Data entries:
□ □ □ □ □

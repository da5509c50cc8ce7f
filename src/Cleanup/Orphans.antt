-- ===== src/Cleanup/Orphans.antt =====
-- What the cleanup leaves: the objects that a file row or an avatar refers to.
use Prim.Native.Char.{Char}
use Prim.Native.String.{◌∷◌ as text_cons, ◌++◌ as text_append}
use cqwu_achievement_system.Prelude.{
  ◌≡◌, refl, sym, subst, ap, ◌∙◌, ◌⊎◌, inl, inr, Bool, true, false, not, String, Option, none, some,
  List, [], ◌∷◌, ◌++◌, any, keep, str_eq, eq_iff, arith, All, or_left, Bool-cases,
}
use cqwu_achievement_system.Server.{FileRow}
use cqwu_achievement_system.Users.{User}
use cqwu_achievement_system.Access.Pattern.{starts_with}
use cqwu_achievement_system.Cleanup.{
  archive_keys_in_db, is_extension, object_key_of_avatar, with_avatar_key, avatar_keys_in_db,
  contains, orphans,
}
use cqwu_achievement_system.Cleanup.AvatarKeys.{
  append_assoc, object_key_of_avatar-build, starts_with-append, one_prefix,
}

-- Some user's avatar has the key.
abbrev pub HasAvatar : String → List User → Type 0
HasAvatar key [] = ⊥
HasAvatar key (u ∷ us) = (u.avatar_key ≡ some key) ⊎ HasAvatar key us

-- The database refers to the object: a file row names an object of an archive, or an avatar is the
-- object with an extension.
abbrev pub Referenced : List FileRow → List User → String → Type 0
Referenced fs us key =
    ((starts_with "archive/" key ≡ true)
      × (any (λ (f : FileRow). str_eq key f.object_key) fs ≡ true))
    ⊎ ((c : Char) × (id : String) × (ext : String) × (key ≡ text_append "avatar/" (text_cons c id))
        × (is_extension ext ≡ true)
        × HasAvatar (text_append key (text_cons "." ext)) us)

contains-archive_keys :
    (key : String) (fs : List FileRow)
    → starts_with "archive/" key ≡ true
    → any (λ (f : FileRow). str_eq key f.object_key) fs ≡ true
    → contains (archive_keys_in_db fs) key ≡ true
unfolding archive_keys_in_db
contains-archive_keys key [] a h = ground arith
contains-archive_keys key (f ∷ fs) a h = elim (Bool-cases (str_eq key f.object_key)) [
  | inl e ↦
      let q = subst (λ k. starts_with "archive/" k ≡ true) ((eq_iff key f.object_key).0 e) a in
      rw q (or_left (str_eq key f.object_key) _ e)
  | inr e ↦ ground (arith, contains-archive_keys key fs)
]

contains-avatar_keys :
    (key avatar : String) (us : List User)
    → starts_with "avatar/" avatar ≡ true
    → object_key_of_avatar avatar ≡ key
    → str_eq key "" ≡ false
    → HasAvatar avatar us
    → contains (avatar_keys_in_db us) key ≡ true
unfolding avatar_keys_in_db
contains-avatar_keys key avatar [] a b n h = elim h [ ]
contains-avatar_keys key avatar (u ∷ us) a b n (inl e) =
    rw (e, a, b, n) (or_left (str_eq key key) _ ((eq_iff key key).1 refl))
contains-avatar_keys key avatar (u ∷ us) a b n (inr e) =
    in_rest u.avatar_key (avatar_keys_in_db us) (contains-avatar_keys key avatar us a b n e)
  where
    in_rest :
        (o : Option String) (keys : List String)
        → contains keys key ≡ true
        → contains (with_avatar_key o keys) key ≡ true
    in_rest none keys h = h
    in_rest (some k) keys h = ground arith

-- What a listing answers: keys with the prefix.
abbrev pub Prefixed : String → List String → Type 0
Prefixed prefix keys = All (λ key. starts_with prefix key ≡ true) keys

not_kept :
    (key : String) (db keys : List String)
    → contains db key ≡ true
    → any (str_eq key) (keep (λ k. not (contains db k)) keys) ≡ false
not_kept key db [] h = refl
not_kept key db (k ∷ ks) h = elim (Bool-cases (str_eq key k)) [
  | inl e ↦
      let q = subst (λ x. contains db x ≡ true) ((eq_iff key k).0 e) h in
      rw q (not_kept key db ks h)
  | inr e ↦ elim (Bool-cases (contains db k)) [
    | inl q ↦ rw q (not_kept key db ks h)
    | inr q ↦ rw (q, e) (not_kept key db ks h)
  ]
]

clash : (b : Bool) → b ≡ true → b ≡ false → ⊥
clash b h k = ground arith

not_listed :
    (prefix key : String) (db keys : List String)
    → starts_with prefix key ≡ false
    → Prefixed prefix keys
    → any (str_eq key) (keep (λ k. not (contains db k)) keys) ≡ false
not_listed prefix key db [] h p = refl
not_listed prefix key db (k ∷ ks) h (a, p) = elim (Bool-cases (str_eq key k)) [
  | inl e ↦
      let q = subst (λ x. starts_with prefix x ≡ true) (sym ((eq_iff key k).0 e)) a in
      absurd (clash (starts_with prefix key) q h)
  | inr e ↦ elim (Bool-cases (contains db k)) [
    | inl q ↦ rw q (not_listed prefix key db ks h p)
    | inr q ↦ rw (q, e) (not_listed prefix key db ks h p)
  ]
]

any_append :
    {A : Type 0} (p : A → Bool) (xs ys : List A)
    → any p xs ≡ false
    → any p ys ≡ false
    → any p (xs ++ ys) ≡ false
any_append p [] ys h k = k
any_append p (x ∷ xs) ys h k = ground (arith, any_append p xs ys)

not_archive : (key : String) → starts_with "avatar/" key ≡ true → starts_with "archive/" key ≡ false
not_archive key a = elim (Bool-cases (starts_with "archive/" key)) [
  | inl e ↦ absurd (clash (starts_with "avatar/" key) a (one_prefix key e))
  | inr e ↦ e
]

not_empty : (key : String) → starts_with "avatar/" key ≡ true → str_eq key "" ≡ false
unfolding starts_with
not_empty key a = elim (Bool-cases (str_eq key "")) [
  | inl e ↦ absurd (
      clash (starts_with "avatar/" "")
        (subst (λ k. starts_with "avatar/" k ≡ true) ((eq_iff key "").0 e) a) refl)
  | inr e ↦ e
]

-- A key that the database refers to is no orphan.
pub orphans-Referenced :
    (key : String) (fs : List FileRow) (us : List User) (archive avatar : List String)
    → Referenced fs us key
    → Prefixed "archive/" archive
    → Prefixed "avatar/" avatar
    → any (str_eq key) (orphans archive (archive_keys_in_db fs) avatar (avatar_keys_in_db us))
      ≡ false
unfolding orphans
orphans-Referenced key fs us archive avatar (inl (a, h)) p q =
    any_append (str_eq key) (keep _ archive) (keep _ avatar)
      (not_kept key (archive_keys_in_db fs) archive (contains-archive_keys key fs a h))
      (not_listed "avatar/" key (avatar_keys_in_db us) avatar (one_prefix key a) q)
orphans-Referenced key fs us archive avatar (inr (c, id, ext, e, x, h)) p q =
    let a : starts_with "avatar/" key ≡ true =
      subst (λ k. starts_with "avatar/" k ≡ true) (sym e)
        (starts_with-append "avatar/" (text_cons c id)) in
    any_append (str_eq key) (keep _ archive) (keep _ avatar)
      (not_listed "archive/" key (archive_keys_in_db fs) archive (not_archive key a) p)
      (not_kept key (avatar_keys_in_db us) avatar (
        contains-avatar_keys key (text_append key (text_cons "." ext)) us
          (subst (λ k. starts_with "avatar/" (text_append k (text_cons "." ext)) ≡ true) (sym e)
            (ap (starts_with "avatar/")
                (append_assoc "avatar/" (text_cons c id) (text_cons "." ext))
              ∙ starts_with-append "avatar/" (text_append (text_cons c id) (text_cons "." ext))))
          (subst (λ k. object_key_of_avatar (text_append k (text_cons "." ext)) ≡ k) (sym e)
            (object_key_of_avatar-build c id ext x))
          (not_empty key a) h))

□ □ □ □ □

The records above are to be reproduced exactly, with nothing left out.

repository da5509c50cc8ce7f
filename src/Cleanup/Orphans.antt
-- ===== src/Cleanup/Orphans.antt =====
-- What the cleanup leaves: the objects that a file row or an avatar refers to.
use Prim.Native.Char.{Char}
use Prim.Native.String.{◌∷◌ as text_cons, ◌++◌ as text_append}
use cqwu_achievement_system.Prelude.{
  ◌≡◌, refl, sym, subst, ap, ◌∙◌, ◌⊎◌, inl, inr, Bool, true, false, not, String, Option, none, some,
  List, [], ◌∷◌, ◌++◌, any, keep, str_eq, eq_iff, arith, All, or_left, Bool-cases,
}
use cqwu_achievement_system.Server.{FileRow}
use cqwu_achievement_system.Users.{User}
use cqwu_achievement_system.Access.Pattern.{starts_with}
use cqwu_achievement_system.Cleanup.{
  archive_keys_in_db, is_extension, object_key_of_avatar, with_avatar_key, avatar_keys_in_db,
  contains, orphans,
}
use cqwu_achievement_system.Cleanup.AvatarKeys.{
  append_assoc, object_key_of_avatar-build, starts_with-append, one_prefix,
}

-- Some user's avatar has the key.
abbrev pub HasAvatar : String → List User → Type 0
HasAvatar key [] = ⊥
HasAvatar key (u ∷ us) = (u.avatar_key ≡ some key) ⊎ HasAvatar key us

-- The database refers to the object: a file row names an object of an archive, or an avatar is the
-- object with an extension.
abbrev pub Referenced : List FileRow → List User → String → Type 0
Referenced fs us key =
    ((starts_with "archive/" key ≡ true)
      × (any (λ (f : FileRow). str_eq key f.object_key) fs ≡ true))
    ⊎ ((c : Char) × (id : String) × (ext : String) × (key ≡ text_append "avatar/" (text_cons c id))
        × (is_extension ext ≡ true)
        × HasAvatar (text_append key (text_cons "." ext)) us)

contains-archive_keys :
    (key : String) (fs : List FileRow)
    → starts_with "archive/" key ≡ true
    → any (λ (f : FileRow). str_eq key f.object_key) fs ≡ true
    → contains (archive_keys_in_db fs) key ≡ true
unfolding archive_keys_in_db
contains-archive_keys key [] a h = ground arith
contains-archive_keys key (f ∷ fs) a h = elim (Bool-cases (str_eq key f.object_key)) [
  | inl e ↦
      let q = subst (λ k. starts_with "archive/" k ≡ true) ((eq_iff key f.object_key).0 e) a in
      rw q (or_left (str_eq key f.object_key) _ e)
  | inr e ↦ ground (arith, contains-archive_keys key fs)
]

contains-avatar_keys :
    (key avatar : String) (us : List User)
    → starts_with "avatar/" avatar ≡ true
    → object_key_of_avatar avatar ≡ key
    → str_eq key "" ≡ false
    → HasAvatar avatar us
    → contains (avatar_keys_in_db us) key ≡ true
unfolding avatar_keys_in_db
contains-avatar_keys key avatar [] a b n h = elim h [ ]
contains-avatar_keys key avatar (u ∷ us) a b n (inl e) =
    rw (e, a, b, n) (or_left (str_eq key key) _ ((eq_iff key key).1 refl))
contains-avatar_keys key avatar (u ∷ us) a b n (inr e) =
    in_rest u.avatar_key (avatar_keys_in_db us) (contains-avatar_keys key avatar us a b n e)
  where
    in_rest :
        (o : Option String) (keys : List String)
        → contains keys key ≡ true
        → contains (with_avatar_key o keys) key ≡ true
    in_rest none keys h = h
    in_rest (some k) keys h = ground arith

-- What a listing answers: keys with the prefix.
abbrev pub Prefixed : String → List String → Type 0
Prefixed prefix keys = All (λ key. starts_with prefix key ≡ true) keys

not_kept :
    (key : String) (db keys : List String)
    → contains db key ≡ true
    → any (str_eq key) (keep (λ k. not (contains db k)) keys) ≡ false
not_kept key db [] h = refl
not_kept key db (k ∷ ks) h = elim (Bool-cases (str_eq key k)) [
  | inl e ↦
      let q = subst (λ x. contains db x ≡ true) ((eq_iff key k).0 e) h in
      rw q (not_kept key db ks h)
  | inr e ↦ elim (Bool-cases (contains db k)) [
    | inl q ↦ rw q (not_kept key db ks h)
    | inr q ↦ rw (q, e) (not_kept key db ks h)
  ]
]

clash : (b : Bool) → b ≡ true → b ≡ false → ⊥
clash b h k = ground arith

not_listed :
    (prefix key : String) (db keys : List String)
    → starts_with prefix key ≡ false
    → Prefixed prefix keys
    → any (str_eq key) (keep (λ k. not (contains db k)) keys) ≡ false
not_listed prefix key db [] h p = refl
not_listed prefix key db (k ∷ ks) h (a, p) = elim (Bool-cases (str_eq key k)) [
  | inl e ↦
      let q = subst (λ x. starts_with prefix x ≡ true) (sym ((eq_iff key k).0 e)) a in
      absurd (clash (starts_with prefix key) q h)
  | inr e ↦ elim (Bool-cases (contains db k)) [
    | inl q ↦ rw q (not_listed prefix key db ks h p)
    | inr q ↦ rw (q, e) (not_listed prefix key db ks h p)
  ]
]

any_append :
    {A : Type 0} (p : A → Bool) (xs ys : List A)
    → any p xs ≡ false
    → any p ys ≡ false
    → any p (xs ++ ys) ≡ false
any_append p [] ys h k = k
any_append p (x ∷ xs) ys h k = ground (arith, any_append p xs ys)

not_archive : (key : String) → starts_with "avatar/" key ≡ true → starts_with "archive/" key ≡ false
not_archive key a = elim (Bool-cases (starts_with "archive/" key)) [
  | inl e ↦ absurd (clash (starts_with "avatar/" key) a (one_prefix key e))
  | inr e ↦ e
]

not_empty : (key : String) → starts_with "avatar/" key ≡ true → str_eq key "" ≡ false
unfolding starts_with
not_empty key a = elim (Bool-cases (str_eq key "")) [
  | inl e ↦ absurd (
      clash (starts_with "avatar/" "")
        (subst (λ k. starts_with "avatar/" k ≡ true) ((eq_iff key "").0 e) a) refl)
  | inr e ↦ e
]

-- A key that the database refers to is no orphan.
pub orphans-Referenced :
    (key : String) (fs : List FileRow) (us : List User) (archive avatar : List String)
    → Referenced fs us key
    → Prefixed "archive/" archive
    → Prefixed "avatar/" avatar
    → any (str_eq key) (orphans archive (archive_keys_in_db fs) avatar (avatar_keys_in_db us))
      ≡ false
unfolding orphans
orphans-Referenced key fs us archive avatar (inl (a, h)) p q =
    any_append (str_eq key) (keep _ archive) (keep _ avatar)
      (not_kept key (archive_keys_in_db fs) archive (contains-archive_keys key fs a h))
      (not_listed "avatar/" key (avatar_keys_in_db us) avatar (one_prefix key a) q)
orphans-Referenced key fs us archive avatar (inr (c, id, ext, e, x, h)) p q =
    let a : starts_with "avatar/" key ≡ true =
      subst (λ k. starts_with "avatar/" k ≡ true) (sym e)
        (starts_with-append "avatar/" (text_cons c id)) in
    any_append (str_eq key) (keep _ archive) (keep _ avatar)
      (not_listed "archive/" key (archive_keys_in_db fs) archive (not_archive key a) p)
      (not_kept key (avatar_keys_in_db us) avatar (
        contains-avatar_keys key (text_append key (text_cons "." ext)) us
          (subst (λ k. starts_with "avatar/" (text_append k (text_cons "." ext)) ≡ true) (sym e)
            (ap (starts_with "avatar/")
                (append_assoc "avatar/" (text_cons c id) (text_cons "." ext))
              ∙ starts_with-append "avatar/" (text_append (text_cons c id) (text_cons "." ext))))
          (subst (λ k. object_key_of_avatar (text_append k (text_cons "." ext)) ≡ k) (sym e)
            (object_key_of_avatar-build c id ext x))
          (not_empty key a) h))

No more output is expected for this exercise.